For Mitchell, fiction was one way he was able to explore that terrible paradox: in war, doctors and nurses heal in order to enable mutilation and death. Even the Cincinnati Lancet and Observer admitted in 1863 that army surgeons were known for their ‘inefficiency, gross carelessness, heartlessness, and dissipation’. Apocryphal stories about patients who ‘in the last agony’ would raise themselves in bed, strike the surgeon, then sink back to die ‘with a smile of contentment’ were based on that reputation. Both Alcott and Mitchell castigated military physicians for heartlessness. In her Hospital Sketches, Alcott claimed that one surgeon revelled in dealing with particularly gross mutilations: ‘A poor private, with both legs off, and shot through the lungs, possessed more attractions for him than a dozen generals, slightly scratched in some ‘mastery retreat’’, she recalled. Similarly, in Mitchell’s novel In War Time (1884), the military surgeon was more upset when he broke his meerschaum pipe than when a soldier-patient died. At the end of this novel, the surgeon (unintentionally) kills one of his patients. For Mitchell, this was a poignant symbol of medicine’s true function in wartime.
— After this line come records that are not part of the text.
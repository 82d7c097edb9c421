-- ===== src/Textproc/Tests.antt =====
-- Runs of the shared text processing, and the theorems about it at concrete inputs.
use mathlib.Core.List.{reverse}
use mathlib.Core.Option.{map}
use mimixbox.Prelude.{
  ◌≤◌, ◌<◌, ◌⊎◌, some, ℕ, ◌-◌, ◌≡◌, refl, Bool, true, false, [], ◌∷◌, ◌++◌, none, arith, max, codes,
  length, drop, leb,
}
use mimixbox.Golang.Int.{pos, negsuc, wrap, ◌+ℤ◌}
use mimixbox.Golang.Strconv.{itoa}
use mimixbox.Textproc.Counts.{add, count_reader}
use mimixbox.Textproc.Counts.Totals.{count_reader-add}
use mimixbox.Textproc.Records.{concat, read_string, head_records, tail_records, reverse_records}
use mimixbox.Textproc.Records.HeadTail.{all_records, tail_records-last, head_records-tail_records}
use mimixbox.Textproc.Records.Reversal.{unlines, reverse_records-unlines}
use mimixbox.Textproc.Numbering.{
  Numberer, number_none, number_all, justify_right_zero, format, write_to,
}
use mimixbox.Textproc.Numbering.Lines.{labelled, length-format, write_to-labelled}

abbrev printing : ℕ → Bool
printing r = leb 32 r

-- nl -ba -n rz with a width of 3.
abbrev all_lines : Numberer
all_lines = record {
  style = number_all;
  start = pos 9;
  increment = pos 1;
  width = 3;
  separator = codes " ";
  justify = justify_right_zero;
  pad_blank = true;
  pattern = none;
  sections = false;
  header_style = number_none;
  footer_style = number_none;
  header_regexp = none;
  footer_regexp = none;
  join_blank_lines = 1;
}

abbrev no_lines : Numberer
no_lines = record all_lines { style = number_none; pad_blank = false }

two_numbers : write_to all_lines (codes "a\nb") ≡ codes "009 a\n010 b"
unfolding write_to wrap ◌+ℤ◌
two_numbers = refl

two_words :
    count_reader printing (codes "ab c\n")
    ≡ record { lines = 1; words = 2; runes = 5; bytes = 5; max_line_width = 4 }
unfolding count_reader
two_words = refl

unterminated : reverse_records (codes "a\nb\nc") (codes "\n") ≡ codes "cb\na\n"
unfolding reverse_records
unterminated = refl

last_two : tail_records 9 b'\n' 2 (codes "a\nb\nc") ≡ some (codes "b\nc")
unfolding tail_records
last_two = refl

count_reader-add_example :
    count_reader printing (codes "ab" ++ b'\n' ∷ codes "c d")
    ≡ add (count_reader printing (codes "ab" ++ b'\n' ∷ [])) (count_reader printing (codes "c d"))
count_reader-add_example = count_reader-add printing (codes "ab") (codes "c d")

tail_records-last_example :
    ((2 ≤ 9)
      × (tail_records 9 b'\n' 2 (codes "a\nb\nc")
          ≡ some (
              concat (
                drop
                  (length (all_records b'\n' (codes "a\nb\nc")) - 2)
                  (all_records b'\n' (codes "a\nb\nc"))))))
    ⊎ ((9 < 2) × (tail_records 9 b'\n' 2 (codes "a\nb\nc") ≡ none))
tail_records-last_example = tail_records-last 9 b'\n' 1 (codes "a\nb\nc")

head_records-tail_records_example :
    map
      (λ t. head_records b'\n' 1 (codes "a\nb\nc") ++ t)
      (tail_records 9 b'\n' 2 (codes "a\nb\nc"))
    ≡ some (codes "a\nb\nc")
unfolding all_records read_string
head_records-tail_records_example =
    head_records-tail_records 9 b'\n' 1 1 (codes "a\nb\nc") (omega arith) refl

reverse_records-unlines_example :
    reverse_records (unlines b'\n' (codes "a" ∷ codes "b" ∷ [])) (b'\n' ∷ [])
    ≡ unlines b'\n' (reverse (codes "a" ∷ codes "b" ∷ []))
reverse_records-unlines_example =
    reverse_records-unlines b'\n' (codes "a" ∷ codes "b" ∷ [])
      (((λ e. omega arith), tt), (((λ e. omega arith), tt), tt))

length-format_example : length (format all_lines (negsuc 4)) ≡ max 3 (length (itoa (negsuc 4)))
length-format_example = length-format all_lines (negsuc 4) (omega arith)

write_to-labelled_example :
    write_to all_lines (codes "a\n\nb")
    ≡ labelled all_lines (pos 9) (all_records b'\n' (codes "a\n\nb"))
write_to-labelled_example = write_to-labelled all_lines (codes "a\n\nb") refl refl (omega arith)
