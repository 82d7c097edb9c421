-- ===== src/Textutils.antt =====
-- Applets that work on the lines of a text: internal/applets/textutils/fold,
-- internal/applets/shellutils/uniq and internal/applets/textutils/comm.
pub mod Fold
pub mod Uniq
pub mod Comm
mod Tests
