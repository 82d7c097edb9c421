-- ===== src/Textutils/Comm.antt =====
-- internal/applets/textutils/comm/comm.go behind the option parser: `sorted`, `compare`, `emit`,
-- `readLines`. `open_file` gives the bytes of a file or the text of `command.FileError`.
pub mod Columns
use mimixbox.Prelude.{
  ℕ, zero, suc, ◌+◌, ◌≡◌, Bool, true, false, not, List, [], ◌∷◌, ◌++◌, ◌==◌, if◌then◌else◌, Bytes,
  codes, Result, ok, err,
}
use mimixbox.Golang.Bufio.{scan_lines}
use mimixbox.Golang.Strings.Order.{bytes_ltb}

pub record Options : Type 0 where
  pub show1 : Bool
  pub show2 : Bool
  pub show3 : Bool
  pub delimiter : Bytes
  pub terminator : Bytes
  pub zero_terminated : Bool
  pub check_order : Bool

unfoldable pub sorted : List Bytes → Bool
unfolding bytes_ltb
sorted [] = true
sorted (x ∷ []) = true
sorted (x ∷ y ∷ lines) = if bytes_ltb y x then false else sorted (y ∷ lines)

pub data Column : Type 0 where
  column1 column2 column3 : Column

-- The lines in the order of `compare`, each with its column.
unfoldable pub merged : List Bytes → List Bytes → List (Column × Bytes)
unfolding bytes_ltb
merged [] [] = []
merged (x ∷ a) [] = (column1, x) ∷ merged a []
merged [] (y ∷ b) = (column2, y) ∷ merged [] b
merged (x ∷ a) (y ∷ b) = elim (bytes_ltb x y) [
  | true ↦ (column1, x) ∷ merged a (y ∷ b)
  | false ↦ elim (bytes_ltb y x) [
    | true ↦ (column2, y) ∷ merged (x ∷ a) b
    | false ↦ (column3, x) ∷ merged a b
  ]
]

unfoldable pub emit : Options → Bool → Bytes → Bytes → Bytes
emit o show pad line = if show then pad ++ (line ++ o.terminator) else []

unfoldable pub emit_column : Options → Column → Bytes → Bytes
unfolding emit
emit_column o column1 line = emit o o.show1 [] line
emit_column o column2 line = emit o o.show2 (if o.show1 then o.delimiter else []) line
emit_column o column3 line =
    emit o o.show3 ((if o.show1 then o.delimiter else []) ++ (if o.show2 then o.delimiter else []))
      line

unfoldable pub emit_all : Options → List (Column × Bytes) → Bytes
unfolding emit_column
emit_all o [] = []
emit_all o (c ∷ cells) = emit_column o c.0 c.1 ++ emit_all o cells

unfoldable pub compare : Options → List Bytes → List Bytes → Bytes
unfolding emit_all merged
compare o a b = emit_all o (merged a b)

-- The tokens that `scanNUL` gives, with the token so far.
unfoldable pub nul_tokens : Bytes → Bytes → List Bytes
nul_tokens [] [] = []
nul_tokens (c ∷ cur) [] = (c ∷ cur) ∷ []
nul_tokens cur (c ∷ s) =
    let rest = nul_tokens (cur ++ c ∷ []) s in if c == 0 then cur ∷ nul_tokens [] s else rest

unfoldable pub read_lines : Bool → Bytes → List Bytes
unfolding nul_tokens scan_lines
read_lines true text = nul_tokens [] text
read_lines false text = scan_lines text

pub record Outcome : Type 0 where
  pub out : Bytes
  pub errors : Bytes
  pub failed : Bool

unfoldable pub failure : Bytes → Outcome
failure text = record { out = []; errors = codes "comm: " ++ (text ++ codes "\n"); failed = true }

unfoldable pub compare_checked : Options → List Bytes → List Bytes → Outcome
unfolding sorted failure compare
compare_checked o a b =
    if o.check_order
    then if not (sorted a)
      then failure (codes "file 1 is not in sorted order")
      else if not (sorted b)
      then failure (codes "file 2 is not in sorted order")
      else record { out = compare o a b; errors = []; failed = false }
    else record { out = compare o a b; errors = []; failed = false }

module _ (open_file : Bytes → Result Bytes Bytes) where
  unfoldable pub run : Options → List Bytes → Outcome
  unfolding failure compare_checked read_lines
  run o (name1 ∷ name2 ∷ []) = elim (open_file name1) [
    | err e ↦ failure e
    | ok text1 ↦ elim (open_file name2) [
      | err e ↦ failure e
      | ok text2 ↦
          compare_checked o (read_lines o.zero_terminated text1)
            (read_lines o.zero_terminated text2)
    ]
  ]
  run o _ = failure (codes "two file operands are required")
In fiction, therefore, Mitchell was able to reconcile different sides to his character: the neurologist whose interests were in objective signs of disease and the civil war physician who cared deeply for the all-too-subjective sufferings of the men he had ministered to. It was only a partial reconciliation. In January 1914, as Mitchell lay dying of influenza complicated by pneumonia, he was tormented by ghostly appearances of the maimed soldiers he had encountered a century earlier. As a close friend reported, on his deathbed, Mitchell’s ‘wandering mind returned to those scenes; his wandering talk was of mutilation and bullets’. When we read ‘The Case of George Dedlow’ and his other works of fiction, ‘every drop of ink is tinctured with the blood of the Civil War’.